ZnO/reduced graphene oxide thin-film photocatalysts immobilized on flexible polyurethane foam for toluene degradation

Official URL: https://dx.doi.org/10.1016/j.mssp.2026.110596

A new hybrid photocatalytic system was designed for the gas-phase degradation of toluene by immobilizing reduced graphene oxide (rGO)-modified zinc oxide (ZnO) thin films on polyurethane foam (PUf). ZnO was selected for its high redox potential and electron mobility, while rGO was incorporated as a conductive carbon component to enhance adsorption and improve charge carrier utilization.
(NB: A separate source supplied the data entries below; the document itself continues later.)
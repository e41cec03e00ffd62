-- ===== src/Connection/Halves/Early.antt =====
-- A call that waits on a stream that is closed is answered, whatever comes after it.
use mathlib.Core.List.{map-append}
use iroh_dart.Prelude.{
  ℕ, suc, ◌+◌, ◌≤◌, ◌≡◌, refl, sym, ap, ◌∙◌, ◌⊎◌, inl, inr, Option, none, some, List, [], ◌∷◌, ◌++◌,
  append_assoc, append-nil, arith,
}
use iroh_dart.Connection.Halves.{
  Polled, pending, ready, Held, Half, Steps, fresh, arrive, lock_next, settled, poll_holder,
}
use iroh_dart.Connection.Halves.Laws.{requests, held_request, Steps-Serial}
use iroh_dart.Connection.Halves.Drain.{Ends, round-Closed, held_work, queue_work, work, work_bound}
use iroh_dart.Connection.Halves.Events.{
  Event, comes, turn, changes, happen, happen_all, turns, happen_all-More,
}

module _ {Request Op Stream Answer : Type 0} (future : Request → Op)
    (poll : Op → Stream → Polled Op Answer × Stream) where
  module _ (Closed : Stream → Type 0) (ends : Ends future poll Closed) where
    -- The calls up to some time: those that wait come before all others, and are at most
    -- `n`.
    record Early (h : Half Request Op Stream Answer) (holder : Option (Held Request Op))
        (early late calls : List Request) (n : ℕ) : Type 0 where
      queue : h.queue ≡ early ++ late
      order : requests h.answers ++ (held_request holder ++ early) ≡ calls
      bound : held_work future poll holder + queue_work future poll early ≤ n

    settled-Early :
        (h : Half Request Op Stream Answer) (held : Held Request Op) (p : Polled Op Answer × Stream)
        (early late calls : List Request) (n : ℕ)
        → Closed h.stream
        → poll held.op h.stream ≡ p
        → Early h (some held) early late calls (suc n)
        → let k = settled future poll h held p in Early k k.holder early late calls n
    settled-Early h held (pending op, stream) early late calls n c e o =
        absurd (ends.never_pending held.op op h.stream stream c e)
    settled-Early h held (ready answer, stream) early late calls n c e o =
        let bound = o.bound in
        record {
          queue = o.queue;
          order =
              ap (λ l. l ++ early)
                (map-append (λ call. call.0) h.answers ((held.request, answer) ∷ []))
              ∙ append_assoc (requests h.answers) (held.request ∷ []) early
              ∙ o.order;
          bound = omega arith;
        }

    -- A turn polls for one of the early calls, until none is left.
    turn-Early :
        (h : Half Request Op Stream Answer) (holder : Option (Held Request Op))
        (early late calls : List Request) (n : ℕ)
        → Closed h.stream
        → h.holder ≡ holder
        → Early h holder early late calls (suc n)
        → (requests h.answers ≡ calls)
          ⊎ ((early' : List Request) × Early
                (happen future poll turn h)
                (happen future poll turn h).holder
                early'
                late
                calls
                n)
    unfolding happen lock_next poll_holder
    turn-Early h none [] late calls n c e o = inl (sym (append-nil _) ∙ o.order)
    turn-Early h none (r ∷ rest) late calls n c e o =
        let bound = o.bound in
        let held : Held Request Op = record { request = r; op = future r } in
        inr (
          rest,
          rw (e, o.queue)
              (settled-Early (record h { holder = some held; queue = rest ++ late }) held
                (poll held.op h.stream) rest late calls n c refl
                (record { queue = refl; order = o.order; bound = omega arith })),
        )
    turn-Early h (some held) early late calls n c e o =
        inr (early, rw e (settled-Early h held (poll held.op h.stream) early late calls n c refl o))

    abbrev Answered :
        List (Event future poll) → Half Request Op Stream Answer → List Request → Type 0
    Answered es h calls =
        (more : List Request) × (requests (happen_all future poll es h).answers ≡ calls ++ more)

    before-Answered :
        (es : List (Event future poll)) (h : Half Request Op Stream Answer) (calls : List Request)
        → requests h.answers ≡ calls
        → Answered es h calls
    before-Answered es h calls e =
        let (more, all) = happen_all-More future poll es h in
        (
          requests more,
          ap requests all
              ∙ map-append (λ call. call.0) h.answers more
              ∙ ap (λ l. l ++ requests more) e,
        )

    arrive-Early :
        (r : Request) (h : Half Request Op Stream Answer) (early late calls : List Request) (n : ℕ)
        → Early h h.holder early late calls n
        → Early (arrive future poll r h) h.holder early (late ++ (r ∷ [])) calls n
    unfolding arrive
    arrive-Early r h early late calls n o = record {
      queue = ap (λ l. l ++ (r ∷ [])) o.queue ∙ append_assoc early late (r ∷ []);
      order = o.order;
      bound = o.bound;
    }

    none-Early :
        (h : Half Request Op Stream Answer) (holder : Option (Held Request Op))
        (early late calls : List Request)
        → Early h holder early late calls 0
        → requests h.answers ≡ calls
    none-Early h none [] late calls o = sym (append-nil _) ∙ o.order
    none-Early h none (r ∷ rest) late calls o = let bound = o.bound in ground arith
    none-Early h (some held) early late calls o = let bound = o.bound in ground arith

    -- Whatever becomes of the stream, it stays closed.
    abbrev pub AllClosed : List (Event future poll) → Type 0
    AllClosed [] = Unit
    AllClosed (comes r ∷ es) = AllClosed es
    AllClosed (turn ∷ es) = AllClosed es
    AllClosed (changes stream ∷ es) = Closed stream × AllClosed es

    Early-Answered :
        (es : List (Event future poll)) (h : Half Request Op Stream Answer)
        (early late calls : List Request)
        → Closed h.stream
        → AllClosed es
        → Early h h.holder early late calls (turns future poll es)
        → Answered es h calls
    unfolding happen_all happen arrive
    Early-Answered [] h early late calls c cs o =
        before-Answered [] h calls (none-Early h h.holder early late calls o)
    Early-Answered (comes r ∷ es) h early late calls c cs o =
        Early-Answered es (happen future poll (comes r) h) early (late ++ (r ∷ [])) calls c cs
          (arrive-Early r h early late calls (turns future poll es) o)
    Early-Answered (changes stream ∷ es) h early late calls c (closed, cs) o =
        Early-Answered es (happen future poll (changes stream) h) early late calls closed cs
          (record { queue = o.queue; order = o.order; bound = o.bound })
    Early-Answered (turn ∷ es) h early late calls c cs o =
        elim (turn-Early h h.holder early late calls (turns future poll es) c refl o) [
          | inl done ↦ before-Answered (turn ∷ es) h calls done
          | inr (early', o') ↦
              Early-Answered es (happen future poll turn h) early' late calls
                (round-Closed future poll Closed ends h c) cs o'
        ]

    -- If on a closed stream each poll of a future ends it and leaves the stream closed: take any
    -- state that arrivals, polls and acts of the peer can lead to and in which the stream is
    -- closed, and any events after it in which it stays so, with as many turns of the runtime among
    -- them as there are calls without an answer. Then all calls that had come to the mutex by that
    -- state are answered, first and in their order, whatever calls come later.
    pub happen_all_answers :
        (Peer : Stream → Stream → Type 0) (first : Stream) (h : Half Request Op Stream Answer)
        (es : List (Event future poll))
        → Steps future poll Peer (fresh future poll first) h
        → Closed h.stream
        → AllClosed es
        → work future poll h ≤ turns future poll es
        → (more : List Request) × (requests (happen_all future poll es h).answers ≡ h.calls ++ more)
    happen_all_answers Peer first h es steps closed all_closed bound =
        Early-Answered es h h.queue [] h.calls closed all_closed (record {
          queue = sym (append-nil h.queue);
          order = (Steps-Serial future poll Peer first h steps).1;
          bound = work_bound future poll h (turns future poll es) bound;
        })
The interconnected three-dimensional (3D) PUf structure provided mechanical stability, additional accessible surface area, and improved gas diffusion within the reactor. The hybrid catalysts were fabricated via a multi-stage dip-coating process, enabling uniform deposition of ZnO thin films followed by rGO functionalization. Morphological analysis confirmed the homogeneous coating of ZnO on the PUf struts and the subsequent decoration with rGO sheets, while optical and photoluminescence (PL) analyses indicated enhanced light response and suppressed charge recombination in the hybrid system. Efficient toluene removal and mineralization were achieved at different initial concentrations (43, 86, and 129 ppm), as confirmed by real-time concentration decay and CO2 formation in a plug-flow reactor under UVA, UV-LED, and UV-vis light irradiation. The optimal catalyst (ZnO/rGO/PUf) achieved a maximum removal efficiency of 81% under UVA light, compared with 68% for the bare ZnO/PUf catalyst under the same conditions, confirming the beneficial role of rGO hybridization. The ZnO/rGO/PUf hybrid also exhibited higher adsorption capacity (27%) compared to ZnO/PUf (17%), indicating synergistic integration of adsorption and photocatalytic oxidation. Reusability tests confirmed the structural stability of the hybrid photocatalysts, with less than 6% efficiency decrease over ten consecutive cycles.